18 A gdy wspomniał skrzynię Bożą, spadł Heli z stołka na wznak u bramy, a złamawszy sobie szyję umarł; albowiem był człowiek stary i ociężały. A on sądził Izraela przez czterdzieści lat.
“Lè li te mansyone lach Bondye a, Éli te tonbe sou chèz li pa dèyè akote pòtay la. Kou li te kase, e li te mouri, paske li te fin granmoun e li te gra.” Konsa, li te jije Israël pandan karant ane.
19 Synowa też jego, żona Fineesowa, będąc brzemienną i bliską porodzenia, gdy usłyszała oną nowinę, iż wzięta jest skrzynia Boża, i że umarł świekier jej, i mąż jej, tedy się nachyliła, i porodziła; bo przypadły na nię bole jej.
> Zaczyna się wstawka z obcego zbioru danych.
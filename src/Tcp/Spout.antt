-- ===== src/Tcp/Spout.antt =====
-- skupper-router/clients/spout-client.c: `run_sender`, the options, and the socket. A text is the list of its octets.
use dispatch_tester.Common.{
  ℕ, zero, suc, ◌+◌, ◌-◌, ◌*◌, Bool, true, false, if◌then◌else◌, ltb, ◌==◌, Option, none, some,
  List, [], ◌∷◌, u64, ℤ, pos, negsuc,
}
use dispatch_tester.Proton.Clock.{Reading, time, errno}
use dispatch_tester.Proton.Options.{Letter, opt_c, opt_p, opt_upper_h, parse}
use dispatch_tester.Tcp.{
  Outcome, finished, failed, blocked, SocketCall, shutdown_rd, close, shut_first, buffer_size,
  elapsed_msecs, Report, report,
}

-- `(remaining > BUFFER_SIZE) ? BUFFER_SIZE : remaining`.
abbrev pub request : ℕ → ℕ
request remaining = if ltb buffer_size remaining then buffer_size else remaining

abbrev pub piece : ℕ → Outcome (List ℕ) → Outcome (List ℕ)
piece n (finished ns) = finished (n ∷ ns)
piece n failed = failed
piece n blocked = blocked

-- `while (remaining > 0)`: the octets that each call of `send` took. `send k n` is what the call of
-- number `k` answers for `n` octets, which is no more than `n`. It may answer zero without end, hence
-- the fuel: the loop blocks when it has run out.
unfoldable pub send_loop : (ℕ → ℕ → ℤ) → ℕ → ℕ → ℕ → Outcome (List ℕ)
send_loop send fuel k zero = finished []
send_loop send zero k (suc remaining) = blocked
send_loop send (suc fuel) k (suc remaining) = elim (send k (request (suc remaining))) [
  | pos n ↦ piece n (send_loop send fuel (k + 1) (suc remaining - n))
  | negsuc n ↦ failed
]

abbrev close_report : ℕ → Reading → Reading → Outcome (List ℕ) → Outcome Report
close_report amount (time start) (time end) (finished ns) =
    finished (report amount (elapsed_msecs start end))
close_report amount _ _ blocked = blocked
close_report amount _ _ _ = failed

-- `run_sender`: the calls that end the socket, and the report. A failed clock ends it at once.
unfoldable pub run_sender :
    (ℕ → ℕ → ℤ) → Reading → Reading → ℕ → Bool → List SocketCall × Outcome Report
run_sender send (errno n) end amount half_close = (shut_first half_close shutdown_rd, failed)
run_sender send (time start) end amount half_close = (
  shut_first half_close shutdown_rd,
  close_report amount (time start) end (send_loop send amount 0 amount),
)

-- `if (sock > 0) close(sock)`, where the process gets there.
abbrev pub close_socket : ℕ → List SocketCall × Outcome Report → List SocketCall × Outcome Report
close_socket sock (calls, blocked) = (calls, blocked)
close_socket zero (calls, o) = (calls, o)
close_socket (suc sock) (calls, o) = (close ∷ calls, o)

-- `main` after the options: the answer of `socket`, and whether `connect` fails.
unfoldable pub connect_and_send :
    (ℕ → ℕ → ℤ) → ℤ → Bool → Reading → Reading → ℕ → Bool → List SocketCall × Outcome Report
connect_and_send send (negsuc n) err start end amount half_close = ([], failed)
connect_and_send send (pos sock) true start end amount half_close = close_socket sock ([], failed)
connect_and_send send (pos sock) false start end amount half_close =
    close_socket sock (run_sender send start end amount half_close)

-- The locals of `main`.
pub record Spout : Type 0 where
  pub port : ℕ
  pub amount : ℕ
  pub half_close : Bool

-- `strpbrk(optarg, "KMG")`: the scale, and the text in front of its letter.
unfoldable pub split_scale : List ℕ → ℕ × List ℕ
split_scale [] = (1, [])
split_scale (c ∷ text) =
    let (scale, front) = split_scale text in
    if c == b'K'
    then (1024, [])
    else if c == b'M'
    then (1048576, [])
    else if c == b'G'
    then (1073741824, [])
    else (scale, c ∷ front)

abbrev scaled : Spout → ℕ → Option ℕ → Option Spout
scaled s scale none = none
scaled s scale (some n) = some (record s { amount = u64 (n * scale) })

abbrev set_port : Spout → Option ℕ → Option Spout
set_port s none = none
set_port s (some n) = some (record s { port = n })

-- The conversions of `sscanf` are the C library's.
module _ (scan_u32 scan_u64 : List ℕ → Option ℕ) where
  -- One option of the command line; `none` is `usage`.
  unfoldable pub option : Letter → List ℕ → Spout → Option Spout
  unfolding split_scale
  option opt_p arg s = set_port s (scan_u32 arg)
  option opt_c arg s = let (scale, front) = split_scale arg in scaled s scale (scan_u64 front)
  option opt_upper_h arg s = some (record s { half_close = true })
  option _ arg s = none

  unfoldable pub options : List (Letter × List ℕ) → Spout → Option Spout
  unfolding option
  options = parse option

  -- `main` with its defaults: `none` is `usage`. The answers of `socket`, `connect`, the clock and
  -- `send` are the system's.
  unfoldable pub main :
      (ℕ → ℕ → ℤ)
      → List (Letter × List ℕ)
      → ℤ
      → Bool
      → Reading
      → Reading
      → Option (List SocketCall × Outcome Report)
  main send args sock err start end =
      elim (options args (record { port = 9999; amount = 1073741824; half_close = false })) [
        | none ↦ none
        | some s ↦ some (connect_and_send send sock err start end s.amount s.half_close)
      ]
Alò, bèlfi li, madanm a Phinées te ansent e prèt pou akouche. Lè li te tande nouvèl ke lach Bondye a te pran an kaptivite e ke bòpè li avèk mari li te mouri, li te bese sou jenou li e te akouche, paske doulè li te vin rive sou li.
20 A gdy umierała, rzekły niewiasty, które były przy niej: Nie bój się, albowiemeś syna porodziła; ale ona nic nie odpowiedziała, ani tego przypuściła do serca swego.
Epi nan lè li t ap mouri an, fanm ki te kanpe akote li a te di li: “Pa pè, paske ou te bay nesans a yon fis.” Men li pa t reponn li ni li pa t okipe li.
21 I nazwała dzieciątko Ichabod, mówiąc: Przeprowadziła się sława od Izraela, iż wzięto skrzynię Bożą, a iż umarł świekier jej, i mąż jej.
Konsa, li te rele gason an I-Kabod, e te di: “Laglwa Israël pati!” akoz lach Bondye a te pran an kaptivite e akoz bòpè li avèk mari li.
22 Prztoż rzekła: Przeprowadziła się sława od Izraela; bo wzięto skrzynię Bożą.
Li te di: “Laglwa gen tan pati soti an Israël; paske lach Bondye a te pran an kaptivite.”